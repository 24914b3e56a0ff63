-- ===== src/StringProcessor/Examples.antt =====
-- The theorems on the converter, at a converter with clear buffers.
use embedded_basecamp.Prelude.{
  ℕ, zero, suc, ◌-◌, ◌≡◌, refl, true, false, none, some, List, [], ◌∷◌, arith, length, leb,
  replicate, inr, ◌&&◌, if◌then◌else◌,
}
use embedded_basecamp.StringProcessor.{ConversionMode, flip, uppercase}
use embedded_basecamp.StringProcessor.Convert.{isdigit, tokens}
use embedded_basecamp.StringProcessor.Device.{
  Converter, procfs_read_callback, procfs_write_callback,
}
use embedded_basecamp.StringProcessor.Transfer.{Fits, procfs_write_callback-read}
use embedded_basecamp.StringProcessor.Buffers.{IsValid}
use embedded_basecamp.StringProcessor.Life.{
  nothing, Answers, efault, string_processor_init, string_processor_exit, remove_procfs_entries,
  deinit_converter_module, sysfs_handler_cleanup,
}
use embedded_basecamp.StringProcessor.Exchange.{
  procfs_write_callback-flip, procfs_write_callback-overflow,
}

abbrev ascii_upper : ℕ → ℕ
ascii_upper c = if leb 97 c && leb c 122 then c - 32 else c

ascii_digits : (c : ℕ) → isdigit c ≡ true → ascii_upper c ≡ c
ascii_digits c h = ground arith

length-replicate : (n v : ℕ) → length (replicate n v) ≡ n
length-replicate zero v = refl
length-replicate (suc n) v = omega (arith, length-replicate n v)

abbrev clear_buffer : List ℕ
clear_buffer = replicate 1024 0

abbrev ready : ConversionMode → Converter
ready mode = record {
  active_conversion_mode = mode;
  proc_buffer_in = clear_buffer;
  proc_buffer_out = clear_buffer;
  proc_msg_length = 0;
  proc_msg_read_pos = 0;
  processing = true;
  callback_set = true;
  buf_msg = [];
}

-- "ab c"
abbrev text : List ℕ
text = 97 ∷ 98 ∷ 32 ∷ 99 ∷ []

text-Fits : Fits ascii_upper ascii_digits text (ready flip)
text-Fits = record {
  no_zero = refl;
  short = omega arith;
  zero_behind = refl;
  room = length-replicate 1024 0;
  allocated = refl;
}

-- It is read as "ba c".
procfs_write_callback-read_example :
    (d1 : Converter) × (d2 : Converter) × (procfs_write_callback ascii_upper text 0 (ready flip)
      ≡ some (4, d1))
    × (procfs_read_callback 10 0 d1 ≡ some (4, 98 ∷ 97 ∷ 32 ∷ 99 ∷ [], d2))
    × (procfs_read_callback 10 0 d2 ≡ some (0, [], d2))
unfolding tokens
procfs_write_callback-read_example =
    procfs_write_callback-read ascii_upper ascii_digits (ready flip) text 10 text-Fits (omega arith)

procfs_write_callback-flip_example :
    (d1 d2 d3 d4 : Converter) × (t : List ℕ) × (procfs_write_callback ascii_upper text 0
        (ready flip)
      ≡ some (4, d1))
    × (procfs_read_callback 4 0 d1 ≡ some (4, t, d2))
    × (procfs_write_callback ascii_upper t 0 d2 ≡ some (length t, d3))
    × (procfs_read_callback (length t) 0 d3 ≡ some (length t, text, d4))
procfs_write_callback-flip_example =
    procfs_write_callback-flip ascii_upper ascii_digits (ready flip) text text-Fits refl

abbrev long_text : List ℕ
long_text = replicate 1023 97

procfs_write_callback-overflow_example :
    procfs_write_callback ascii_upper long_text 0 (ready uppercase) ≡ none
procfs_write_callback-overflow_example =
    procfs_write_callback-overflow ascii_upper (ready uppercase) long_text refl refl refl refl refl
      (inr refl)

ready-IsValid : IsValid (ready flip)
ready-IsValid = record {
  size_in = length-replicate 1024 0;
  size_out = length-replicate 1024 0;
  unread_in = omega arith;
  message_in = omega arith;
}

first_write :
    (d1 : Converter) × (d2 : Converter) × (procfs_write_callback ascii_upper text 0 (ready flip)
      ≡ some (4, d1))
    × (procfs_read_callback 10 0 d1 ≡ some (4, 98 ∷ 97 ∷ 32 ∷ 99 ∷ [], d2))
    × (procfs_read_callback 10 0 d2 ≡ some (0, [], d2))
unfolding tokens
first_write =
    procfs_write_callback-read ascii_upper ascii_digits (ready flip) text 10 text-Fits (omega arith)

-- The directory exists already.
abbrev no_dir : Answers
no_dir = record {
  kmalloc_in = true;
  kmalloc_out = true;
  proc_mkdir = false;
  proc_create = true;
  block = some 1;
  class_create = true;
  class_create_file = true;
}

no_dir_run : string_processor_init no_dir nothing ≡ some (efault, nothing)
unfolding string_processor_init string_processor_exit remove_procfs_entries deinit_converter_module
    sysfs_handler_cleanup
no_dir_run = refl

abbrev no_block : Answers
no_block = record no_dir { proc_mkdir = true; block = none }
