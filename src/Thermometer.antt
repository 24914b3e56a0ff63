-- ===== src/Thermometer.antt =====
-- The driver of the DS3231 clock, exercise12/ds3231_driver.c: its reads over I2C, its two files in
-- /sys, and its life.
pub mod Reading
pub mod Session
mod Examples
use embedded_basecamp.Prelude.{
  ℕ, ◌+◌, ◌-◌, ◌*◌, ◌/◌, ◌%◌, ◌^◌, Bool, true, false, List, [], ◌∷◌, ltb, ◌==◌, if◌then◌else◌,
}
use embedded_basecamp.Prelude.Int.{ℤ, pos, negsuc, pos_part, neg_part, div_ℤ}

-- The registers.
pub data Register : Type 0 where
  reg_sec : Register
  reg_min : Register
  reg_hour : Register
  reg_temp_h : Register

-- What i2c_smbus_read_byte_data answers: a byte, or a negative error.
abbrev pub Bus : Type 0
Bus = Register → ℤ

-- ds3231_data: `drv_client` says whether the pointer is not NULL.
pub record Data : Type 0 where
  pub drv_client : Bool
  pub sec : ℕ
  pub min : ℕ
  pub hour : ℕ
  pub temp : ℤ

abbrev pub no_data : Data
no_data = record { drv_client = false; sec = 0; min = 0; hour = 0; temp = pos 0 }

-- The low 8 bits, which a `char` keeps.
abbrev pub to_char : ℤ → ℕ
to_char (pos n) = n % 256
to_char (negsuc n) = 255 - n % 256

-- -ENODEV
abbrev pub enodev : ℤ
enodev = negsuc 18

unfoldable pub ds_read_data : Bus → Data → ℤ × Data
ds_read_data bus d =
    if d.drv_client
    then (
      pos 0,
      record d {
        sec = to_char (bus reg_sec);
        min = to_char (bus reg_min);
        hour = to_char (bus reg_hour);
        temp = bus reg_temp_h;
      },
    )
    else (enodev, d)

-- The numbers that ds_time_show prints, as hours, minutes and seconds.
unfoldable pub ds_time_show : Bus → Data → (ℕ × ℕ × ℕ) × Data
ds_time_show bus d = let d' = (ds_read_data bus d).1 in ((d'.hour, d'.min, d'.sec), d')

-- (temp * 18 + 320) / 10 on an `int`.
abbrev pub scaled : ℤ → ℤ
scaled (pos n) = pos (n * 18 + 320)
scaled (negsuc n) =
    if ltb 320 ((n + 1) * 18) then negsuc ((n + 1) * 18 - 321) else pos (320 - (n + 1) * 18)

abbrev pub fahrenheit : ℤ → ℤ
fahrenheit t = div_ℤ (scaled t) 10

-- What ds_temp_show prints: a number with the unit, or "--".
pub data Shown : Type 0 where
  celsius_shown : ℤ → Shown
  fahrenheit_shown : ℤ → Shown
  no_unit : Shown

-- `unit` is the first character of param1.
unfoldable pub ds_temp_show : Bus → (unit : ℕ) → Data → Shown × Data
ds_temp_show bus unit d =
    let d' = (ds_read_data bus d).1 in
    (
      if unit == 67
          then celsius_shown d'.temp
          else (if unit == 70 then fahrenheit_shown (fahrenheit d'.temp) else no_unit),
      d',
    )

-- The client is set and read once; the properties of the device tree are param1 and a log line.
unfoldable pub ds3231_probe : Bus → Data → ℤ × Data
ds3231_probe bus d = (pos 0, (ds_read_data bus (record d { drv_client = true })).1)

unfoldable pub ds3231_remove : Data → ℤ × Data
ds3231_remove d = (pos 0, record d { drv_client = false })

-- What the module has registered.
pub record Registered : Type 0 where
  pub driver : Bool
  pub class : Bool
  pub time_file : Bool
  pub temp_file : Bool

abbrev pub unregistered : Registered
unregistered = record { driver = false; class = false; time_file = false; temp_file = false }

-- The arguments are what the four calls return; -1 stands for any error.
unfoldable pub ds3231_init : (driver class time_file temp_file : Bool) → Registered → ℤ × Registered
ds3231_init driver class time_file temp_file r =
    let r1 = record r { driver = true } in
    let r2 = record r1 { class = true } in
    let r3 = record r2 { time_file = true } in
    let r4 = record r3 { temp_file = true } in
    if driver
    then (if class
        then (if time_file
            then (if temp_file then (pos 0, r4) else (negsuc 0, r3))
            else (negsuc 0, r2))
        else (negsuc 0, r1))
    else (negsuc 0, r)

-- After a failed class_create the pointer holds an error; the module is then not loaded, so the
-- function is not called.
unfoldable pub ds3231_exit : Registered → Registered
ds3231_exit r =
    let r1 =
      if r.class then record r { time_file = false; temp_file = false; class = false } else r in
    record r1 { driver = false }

+ + + + +

§ **What to produce**
Could you retype exactly the lines above, starting at the line that contains "sec = to_char (bus reg_sec);" and ending at the line that contains "-- What the module has registered.", and nothing more?

§ **Solution**
        sec = to_char (bus reg_sec);
        min = to_char (bus reg_min);
        hour = to_char (bus reg_hour);
        temp = bus reg_temp_h;
      },
    )
    else (enodev, d)

-- The numbers that ds_time_show prints, as hours, minutes and seconds.
unfoldable pub ds_time_show : Bus → Data → (ℕ × ℕ × ℕ) × Data
ds_time_show bus d = let d' = (ds_read_data bus d).1 in ((d'.hour, d'.min, d'.sec), d')

-- (temp * 18 + 320) / 10 on an `int`.
abbrev pub scaled : ℤ → ℤ
scaled (pos n) = pos (n * 18 + 320)
scaled (negsuc n) =
    if ltb 320 ((n + 1) * 18) then negsuc ((n + 1) * 18 - 321) else pos (320 - (n + 1) * 18)

abbrev pub fahrenheit : ℤ → ℤ
fahrenheit t = div_ℤ (scaled t) 10

-- What ds_temp_show prints: a number with the unit, or "--".
pub data Shown : Type 0 where
  celsius_shown : ℤ → Shown
  fahrenheit_shown : ℤ → Shown
  no_unit : Shown

-- `unit` is the first character of param1.
unfoldable pub ds_temp_show : Bus → (unit : ℕ) → Data → Shown × Data
ds_temp_show bus unit d =
    let d' = (ds_read_data bus d).1 in
    (
      if unit == 67
          then celsius_shown d'.temp
          else (if unit == 70 then fahrenheit_shown (fahrenheit d'.temp) else no_unit),
      d',
    )

-- The client is set and read once; the properties of the device tree are param1 and a log line.
unfoldable pub ds3231_probe : Bus → Data → ℤ × Data
ds3231_probe bus d = (pos 0, (ds_read_data bus (record d { drv_client = true })).1)

unfoldable pub ds3231_remove : Data → ℤ × Data
ds3231_remove d = (pos 0, record d { drv_client = false })

-- What the module has registered.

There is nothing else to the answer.